▶ TASK GOAL: Each line below that carries the string "Quiet" must appear in the answer.

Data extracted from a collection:
::::::::::

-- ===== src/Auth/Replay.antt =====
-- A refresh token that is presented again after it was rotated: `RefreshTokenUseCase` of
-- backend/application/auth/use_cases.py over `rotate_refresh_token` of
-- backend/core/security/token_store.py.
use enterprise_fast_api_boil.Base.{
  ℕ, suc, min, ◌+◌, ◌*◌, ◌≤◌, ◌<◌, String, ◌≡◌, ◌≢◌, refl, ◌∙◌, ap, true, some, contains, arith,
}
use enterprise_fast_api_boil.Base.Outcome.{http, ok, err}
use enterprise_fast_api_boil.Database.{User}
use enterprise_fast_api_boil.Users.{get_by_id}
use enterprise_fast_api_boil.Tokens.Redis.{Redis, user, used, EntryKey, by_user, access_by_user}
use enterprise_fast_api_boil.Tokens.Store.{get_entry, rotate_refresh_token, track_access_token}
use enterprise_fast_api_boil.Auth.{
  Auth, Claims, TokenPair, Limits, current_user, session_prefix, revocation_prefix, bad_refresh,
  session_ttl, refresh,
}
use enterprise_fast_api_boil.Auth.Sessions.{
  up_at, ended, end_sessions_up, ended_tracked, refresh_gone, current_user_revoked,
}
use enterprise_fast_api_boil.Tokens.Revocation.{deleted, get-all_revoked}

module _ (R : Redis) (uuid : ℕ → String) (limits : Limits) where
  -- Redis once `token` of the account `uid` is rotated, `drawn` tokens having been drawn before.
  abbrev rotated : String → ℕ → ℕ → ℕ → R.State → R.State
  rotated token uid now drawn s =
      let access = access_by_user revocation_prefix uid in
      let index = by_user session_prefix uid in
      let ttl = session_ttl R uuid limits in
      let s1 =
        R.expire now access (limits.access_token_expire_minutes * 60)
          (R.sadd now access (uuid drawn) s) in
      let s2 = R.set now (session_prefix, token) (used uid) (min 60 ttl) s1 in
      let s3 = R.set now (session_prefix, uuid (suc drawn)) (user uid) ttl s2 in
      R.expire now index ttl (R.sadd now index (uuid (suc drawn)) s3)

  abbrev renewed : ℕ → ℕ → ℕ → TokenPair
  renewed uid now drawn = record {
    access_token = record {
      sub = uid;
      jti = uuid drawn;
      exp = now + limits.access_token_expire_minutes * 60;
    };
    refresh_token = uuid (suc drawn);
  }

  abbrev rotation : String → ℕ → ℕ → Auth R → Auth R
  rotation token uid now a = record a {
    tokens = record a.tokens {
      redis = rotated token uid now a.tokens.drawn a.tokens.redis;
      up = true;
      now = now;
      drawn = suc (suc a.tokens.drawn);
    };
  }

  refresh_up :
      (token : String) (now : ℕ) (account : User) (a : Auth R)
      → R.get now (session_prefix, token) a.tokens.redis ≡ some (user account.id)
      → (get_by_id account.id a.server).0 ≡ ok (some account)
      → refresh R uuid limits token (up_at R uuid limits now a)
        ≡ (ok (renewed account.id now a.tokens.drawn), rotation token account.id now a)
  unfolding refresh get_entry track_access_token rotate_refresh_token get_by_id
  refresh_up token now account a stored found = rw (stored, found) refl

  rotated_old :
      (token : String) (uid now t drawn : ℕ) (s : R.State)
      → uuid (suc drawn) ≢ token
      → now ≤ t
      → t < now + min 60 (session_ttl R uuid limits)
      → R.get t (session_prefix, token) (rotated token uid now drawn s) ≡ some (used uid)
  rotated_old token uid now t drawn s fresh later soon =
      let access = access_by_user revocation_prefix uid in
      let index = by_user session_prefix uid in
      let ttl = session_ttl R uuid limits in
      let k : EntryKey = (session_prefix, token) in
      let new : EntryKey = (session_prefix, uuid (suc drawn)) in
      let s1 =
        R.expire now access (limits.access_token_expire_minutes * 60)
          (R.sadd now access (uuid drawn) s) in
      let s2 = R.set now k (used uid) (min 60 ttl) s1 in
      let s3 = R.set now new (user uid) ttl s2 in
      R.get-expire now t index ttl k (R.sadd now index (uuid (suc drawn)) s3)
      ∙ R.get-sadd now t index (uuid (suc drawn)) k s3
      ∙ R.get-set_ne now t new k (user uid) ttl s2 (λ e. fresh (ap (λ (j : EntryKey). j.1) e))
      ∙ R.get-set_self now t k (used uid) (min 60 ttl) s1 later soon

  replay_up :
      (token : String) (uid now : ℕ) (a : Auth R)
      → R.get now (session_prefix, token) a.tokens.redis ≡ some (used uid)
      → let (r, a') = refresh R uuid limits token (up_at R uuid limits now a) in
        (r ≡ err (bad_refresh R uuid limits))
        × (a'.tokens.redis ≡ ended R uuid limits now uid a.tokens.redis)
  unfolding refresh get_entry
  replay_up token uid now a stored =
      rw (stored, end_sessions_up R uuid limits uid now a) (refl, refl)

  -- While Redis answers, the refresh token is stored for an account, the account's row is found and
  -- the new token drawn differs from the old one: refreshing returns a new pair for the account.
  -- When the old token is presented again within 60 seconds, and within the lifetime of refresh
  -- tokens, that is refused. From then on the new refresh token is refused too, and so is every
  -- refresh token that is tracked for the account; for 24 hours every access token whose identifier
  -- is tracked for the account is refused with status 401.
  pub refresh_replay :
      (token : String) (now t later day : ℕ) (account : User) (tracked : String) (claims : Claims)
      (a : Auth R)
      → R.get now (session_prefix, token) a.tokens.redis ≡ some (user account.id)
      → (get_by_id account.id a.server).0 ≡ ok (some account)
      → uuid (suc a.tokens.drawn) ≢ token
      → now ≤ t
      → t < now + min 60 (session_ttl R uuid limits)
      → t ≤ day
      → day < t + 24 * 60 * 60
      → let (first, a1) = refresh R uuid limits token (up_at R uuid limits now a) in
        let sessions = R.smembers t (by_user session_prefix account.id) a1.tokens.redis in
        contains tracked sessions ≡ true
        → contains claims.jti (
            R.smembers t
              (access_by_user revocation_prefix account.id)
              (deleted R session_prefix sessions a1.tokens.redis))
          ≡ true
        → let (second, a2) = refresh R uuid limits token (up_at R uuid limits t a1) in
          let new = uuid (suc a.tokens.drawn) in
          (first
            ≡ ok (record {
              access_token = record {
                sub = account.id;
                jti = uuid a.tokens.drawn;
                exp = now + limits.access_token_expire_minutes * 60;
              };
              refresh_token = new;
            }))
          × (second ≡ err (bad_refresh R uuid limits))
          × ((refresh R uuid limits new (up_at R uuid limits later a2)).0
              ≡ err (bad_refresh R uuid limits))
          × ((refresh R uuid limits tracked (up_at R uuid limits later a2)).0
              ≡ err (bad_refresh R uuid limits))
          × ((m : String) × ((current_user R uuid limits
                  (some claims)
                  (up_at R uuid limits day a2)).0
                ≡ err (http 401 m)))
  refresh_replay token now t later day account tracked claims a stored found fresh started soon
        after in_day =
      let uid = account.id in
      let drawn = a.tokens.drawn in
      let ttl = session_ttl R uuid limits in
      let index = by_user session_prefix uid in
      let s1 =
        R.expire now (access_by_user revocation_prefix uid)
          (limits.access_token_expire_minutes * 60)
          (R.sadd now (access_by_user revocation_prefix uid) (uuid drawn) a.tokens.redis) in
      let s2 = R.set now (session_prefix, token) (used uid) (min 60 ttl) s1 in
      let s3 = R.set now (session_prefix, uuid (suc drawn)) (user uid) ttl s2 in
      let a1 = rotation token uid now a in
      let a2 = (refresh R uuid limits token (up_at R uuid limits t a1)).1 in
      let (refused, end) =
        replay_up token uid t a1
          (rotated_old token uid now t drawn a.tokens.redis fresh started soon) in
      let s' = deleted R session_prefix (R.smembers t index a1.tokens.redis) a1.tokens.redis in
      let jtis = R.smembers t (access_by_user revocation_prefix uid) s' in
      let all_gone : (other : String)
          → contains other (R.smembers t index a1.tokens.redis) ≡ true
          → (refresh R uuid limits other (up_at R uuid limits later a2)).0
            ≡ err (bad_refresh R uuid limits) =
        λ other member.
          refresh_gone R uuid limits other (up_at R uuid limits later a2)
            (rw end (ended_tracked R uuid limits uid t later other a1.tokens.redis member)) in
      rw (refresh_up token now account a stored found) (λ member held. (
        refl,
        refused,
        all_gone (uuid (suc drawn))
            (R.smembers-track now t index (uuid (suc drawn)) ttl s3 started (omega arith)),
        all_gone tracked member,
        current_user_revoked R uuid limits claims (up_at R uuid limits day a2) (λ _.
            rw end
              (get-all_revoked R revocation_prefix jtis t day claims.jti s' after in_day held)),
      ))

::::::::::

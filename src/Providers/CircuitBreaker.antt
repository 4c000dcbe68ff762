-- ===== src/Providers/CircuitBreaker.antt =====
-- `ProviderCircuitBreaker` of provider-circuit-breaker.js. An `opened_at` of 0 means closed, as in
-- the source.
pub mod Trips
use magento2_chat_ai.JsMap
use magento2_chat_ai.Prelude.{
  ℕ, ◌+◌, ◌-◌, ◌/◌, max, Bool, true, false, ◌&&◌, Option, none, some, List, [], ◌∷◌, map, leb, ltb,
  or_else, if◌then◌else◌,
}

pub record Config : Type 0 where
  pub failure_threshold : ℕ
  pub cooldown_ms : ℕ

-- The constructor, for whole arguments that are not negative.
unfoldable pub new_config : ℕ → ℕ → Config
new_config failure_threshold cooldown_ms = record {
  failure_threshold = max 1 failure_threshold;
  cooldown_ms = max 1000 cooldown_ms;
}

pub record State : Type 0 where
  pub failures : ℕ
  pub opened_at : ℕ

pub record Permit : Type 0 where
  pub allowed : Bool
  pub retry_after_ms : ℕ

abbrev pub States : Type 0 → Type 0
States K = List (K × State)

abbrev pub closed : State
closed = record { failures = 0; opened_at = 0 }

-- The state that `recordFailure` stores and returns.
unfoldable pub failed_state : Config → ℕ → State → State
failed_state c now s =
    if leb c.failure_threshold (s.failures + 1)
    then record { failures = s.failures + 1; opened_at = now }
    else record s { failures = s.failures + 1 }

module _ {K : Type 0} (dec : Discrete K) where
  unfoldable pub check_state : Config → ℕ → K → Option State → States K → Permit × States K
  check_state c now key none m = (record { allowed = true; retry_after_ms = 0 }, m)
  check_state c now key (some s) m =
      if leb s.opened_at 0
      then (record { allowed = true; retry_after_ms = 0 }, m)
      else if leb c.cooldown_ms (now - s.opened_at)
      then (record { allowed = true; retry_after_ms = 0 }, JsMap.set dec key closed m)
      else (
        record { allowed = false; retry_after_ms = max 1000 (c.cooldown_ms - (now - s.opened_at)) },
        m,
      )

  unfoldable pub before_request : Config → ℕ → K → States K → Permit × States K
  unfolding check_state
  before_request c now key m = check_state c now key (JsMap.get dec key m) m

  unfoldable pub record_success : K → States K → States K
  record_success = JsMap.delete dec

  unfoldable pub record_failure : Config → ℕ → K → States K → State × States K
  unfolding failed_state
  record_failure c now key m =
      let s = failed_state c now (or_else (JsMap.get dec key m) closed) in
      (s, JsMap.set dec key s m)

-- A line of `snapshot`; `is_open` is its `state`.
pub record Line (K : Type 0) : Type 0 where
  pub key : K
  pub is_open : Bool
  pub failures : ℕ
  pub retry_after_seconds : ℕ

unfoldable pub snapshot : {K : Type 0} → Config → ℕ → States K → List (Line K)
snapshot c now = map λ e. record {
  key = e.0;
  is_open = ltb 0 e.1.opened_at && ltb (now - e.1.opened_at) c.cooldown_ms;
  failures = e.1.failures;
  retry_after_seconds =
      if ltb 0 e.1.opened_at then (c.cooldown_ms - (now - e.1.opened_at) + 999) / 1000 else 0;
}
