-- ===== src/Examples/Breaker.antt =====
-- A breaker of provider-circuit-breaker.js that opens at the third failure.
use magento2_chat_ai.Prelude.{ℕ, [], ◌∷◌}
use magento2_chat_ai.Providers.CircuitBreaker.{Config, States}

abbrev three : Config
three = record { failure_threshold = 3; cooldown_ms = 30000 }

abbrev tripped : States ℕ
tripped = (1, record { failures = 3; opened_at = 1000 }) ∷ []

::::::::::

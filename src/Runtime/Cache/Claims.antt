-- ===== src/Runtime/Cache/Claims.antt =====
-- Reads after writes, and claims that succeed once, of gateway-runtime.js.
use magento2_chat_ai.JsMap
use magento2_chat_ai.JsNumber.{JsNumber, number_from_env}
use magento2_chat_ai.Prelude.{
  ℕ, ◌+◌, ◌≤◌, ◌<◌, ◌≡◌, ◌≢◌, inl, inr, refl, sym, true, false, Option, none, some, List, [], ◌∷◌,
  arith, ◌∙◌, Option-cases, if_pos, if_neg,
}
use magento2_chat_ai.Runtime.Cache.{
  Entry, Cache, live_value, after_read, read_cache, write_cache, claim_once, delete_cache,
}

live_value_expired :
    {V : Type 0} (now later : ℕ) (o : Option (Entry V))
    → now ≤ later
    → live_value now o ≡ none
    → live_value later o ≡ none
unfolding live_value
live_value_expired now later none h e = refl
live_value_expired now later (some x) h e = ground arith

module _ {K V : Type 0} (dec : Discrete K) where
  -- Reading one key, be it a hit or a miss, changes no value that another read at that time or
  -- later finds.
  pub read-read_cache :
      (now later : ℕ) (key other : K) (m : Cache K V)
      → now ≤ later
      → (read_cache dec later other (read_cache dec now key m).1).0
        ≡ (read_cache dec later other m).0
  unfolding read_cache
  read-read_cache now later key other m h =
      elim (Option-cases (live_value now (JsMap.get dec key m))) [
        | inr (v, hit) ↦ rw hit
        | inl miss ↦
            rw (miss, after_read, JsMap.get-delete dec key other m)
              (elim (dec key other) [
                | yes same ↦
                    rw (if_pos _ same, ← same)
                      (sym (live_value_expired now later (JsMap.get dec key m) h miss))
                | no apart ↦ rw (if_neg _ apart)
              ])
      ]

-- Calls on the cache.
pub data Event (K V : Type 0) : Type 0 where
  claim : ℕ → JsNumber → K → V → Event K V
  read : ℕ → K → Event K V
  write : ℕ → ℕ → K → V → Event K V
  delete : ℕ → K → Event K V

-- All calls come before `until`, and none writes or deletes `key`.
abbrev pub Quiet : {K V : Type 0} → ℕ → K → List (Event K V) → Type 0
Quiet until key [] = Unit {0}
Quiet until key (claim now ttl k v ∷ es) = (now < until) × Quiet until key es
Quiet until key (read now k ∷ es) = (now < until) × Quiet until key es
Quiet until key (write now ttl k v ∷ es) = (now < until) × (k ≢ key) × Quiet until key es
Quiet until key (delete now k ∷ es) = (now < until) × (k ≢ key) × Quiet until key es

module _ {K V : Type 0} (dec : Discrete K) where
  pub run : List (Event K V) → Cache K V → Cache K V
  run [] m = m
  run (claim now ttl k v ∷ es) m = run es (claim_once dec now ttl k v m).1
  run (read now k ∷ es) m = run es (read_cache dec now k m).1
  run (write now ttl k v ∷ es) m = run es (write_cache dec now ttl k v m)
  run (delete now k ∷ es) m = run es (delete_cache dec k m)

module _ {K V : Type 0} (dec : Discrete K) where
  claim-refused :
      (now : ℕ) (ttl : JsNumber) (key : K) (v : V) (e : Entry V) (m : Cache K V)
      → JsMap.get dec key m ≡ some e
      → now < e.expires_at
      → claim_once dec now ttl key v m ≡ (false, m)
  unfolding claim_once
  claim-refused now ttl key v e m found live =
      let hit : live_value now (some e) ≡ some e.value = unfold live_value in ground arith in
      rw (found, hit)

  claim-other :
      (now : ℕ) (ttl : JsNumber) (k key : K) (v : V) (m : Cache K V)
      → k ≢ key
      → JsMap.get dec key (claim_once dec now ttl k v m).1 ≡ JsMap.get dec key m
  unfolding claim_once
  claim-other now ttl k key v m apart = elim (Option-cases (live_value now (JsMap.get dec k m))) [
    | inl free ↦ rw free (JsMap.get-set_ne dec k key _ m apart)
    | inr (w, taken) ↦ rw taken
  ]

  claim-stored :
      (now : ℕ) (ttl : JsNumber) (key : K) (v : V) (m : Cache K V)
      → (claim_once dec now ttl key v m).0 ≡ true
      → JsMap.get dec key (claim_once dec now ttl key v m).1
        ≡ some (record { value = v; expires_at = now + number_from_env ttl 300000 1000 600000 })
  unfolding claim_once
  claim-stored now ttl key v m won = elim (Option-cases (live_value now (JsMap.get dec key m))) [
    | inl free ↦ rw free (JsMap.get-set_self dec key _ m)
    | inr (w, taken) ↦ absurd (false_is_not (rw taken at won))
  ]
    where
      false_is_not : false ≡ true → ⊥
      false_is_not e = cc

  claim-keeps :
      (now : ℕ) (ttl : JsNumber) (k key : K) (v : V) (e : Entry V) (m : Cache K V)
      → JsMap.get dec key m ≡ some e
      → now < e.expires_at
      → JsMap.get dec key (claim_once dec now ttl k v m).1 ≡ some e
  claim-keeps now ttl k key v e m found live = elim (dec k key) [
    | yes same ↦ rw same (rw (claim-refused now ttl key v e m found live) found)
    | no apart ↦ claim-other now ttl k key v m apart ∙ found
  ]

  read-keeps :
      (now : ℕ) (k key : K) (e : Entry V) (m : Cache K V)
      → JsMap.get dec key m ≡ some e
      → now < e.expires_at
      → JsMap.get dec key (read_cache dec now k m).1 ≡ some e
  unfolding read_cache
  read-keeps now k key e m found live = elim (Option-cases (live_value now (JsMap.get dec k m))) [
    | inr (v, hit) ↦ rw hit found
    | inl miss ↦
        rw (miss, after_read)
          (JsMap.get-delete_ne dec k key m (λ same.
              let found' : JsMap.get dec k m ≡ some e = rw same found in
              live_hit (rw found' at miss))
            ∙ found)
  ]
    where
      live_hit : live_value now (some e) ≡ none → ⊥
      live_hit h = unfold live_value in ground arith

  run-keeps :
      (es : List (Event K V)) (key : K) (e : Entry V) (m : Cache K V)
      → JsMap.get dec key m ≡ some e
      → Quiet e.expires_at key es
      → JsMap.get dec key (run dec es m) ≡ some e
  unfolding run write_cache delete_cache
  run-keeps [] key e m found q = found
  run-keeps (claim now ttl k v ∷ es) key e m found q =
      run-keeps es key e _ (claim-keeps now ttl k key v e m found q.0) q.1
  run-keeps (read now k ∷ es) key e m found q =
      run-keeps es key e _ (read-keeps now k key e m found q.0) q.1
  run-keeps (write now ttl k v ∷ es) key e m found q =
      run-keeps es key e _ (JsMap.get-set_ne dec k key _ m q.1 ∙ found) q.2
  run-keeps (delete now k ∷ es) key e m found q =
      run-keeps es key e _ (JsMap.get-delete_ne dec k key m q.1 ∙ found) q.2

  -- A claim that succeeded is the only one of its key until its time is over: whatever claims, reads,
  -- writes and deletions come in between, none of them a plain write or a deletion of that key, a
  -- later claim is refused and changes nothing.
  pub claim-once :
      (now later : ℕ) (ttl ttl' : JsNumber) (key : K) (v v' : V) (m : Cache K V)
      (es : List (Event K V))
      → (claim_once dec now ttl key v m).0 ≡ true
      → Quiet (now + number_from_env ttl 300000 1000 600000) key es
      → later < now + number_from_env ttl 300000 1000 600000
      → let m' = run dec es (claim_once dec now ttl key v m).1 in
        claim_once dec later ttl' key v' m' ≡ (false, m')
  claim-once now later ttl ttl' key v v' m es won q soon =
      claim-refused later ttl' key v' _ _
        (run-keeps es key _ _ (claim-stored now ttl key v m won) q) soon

::::::::::

▶ ANSWER SECTION:
abbrev pub Quiet : {K V : Type 0} → ℕ → K → List (Event K V) → Type 0
Quiet until key [] = Unit {0}
Quiet until key (claim now ttl k v ∷ es) = (now < until) × Quiet until key es
Quiet until key (read now k ∷ es) = (now < until) × Quiet until key es
Quiet until key (write now ttl k v ∷ es) = (now < until) × (k ≢ key) × Quiet until key es
Quiet until key (delete now k ∷ es) = (now < until) × (k ≢ key) × Quiet until key es
      → Quiet e.expires_at key es
      → Quiet (now + number_from_env ttl 300000 1000 600000) key es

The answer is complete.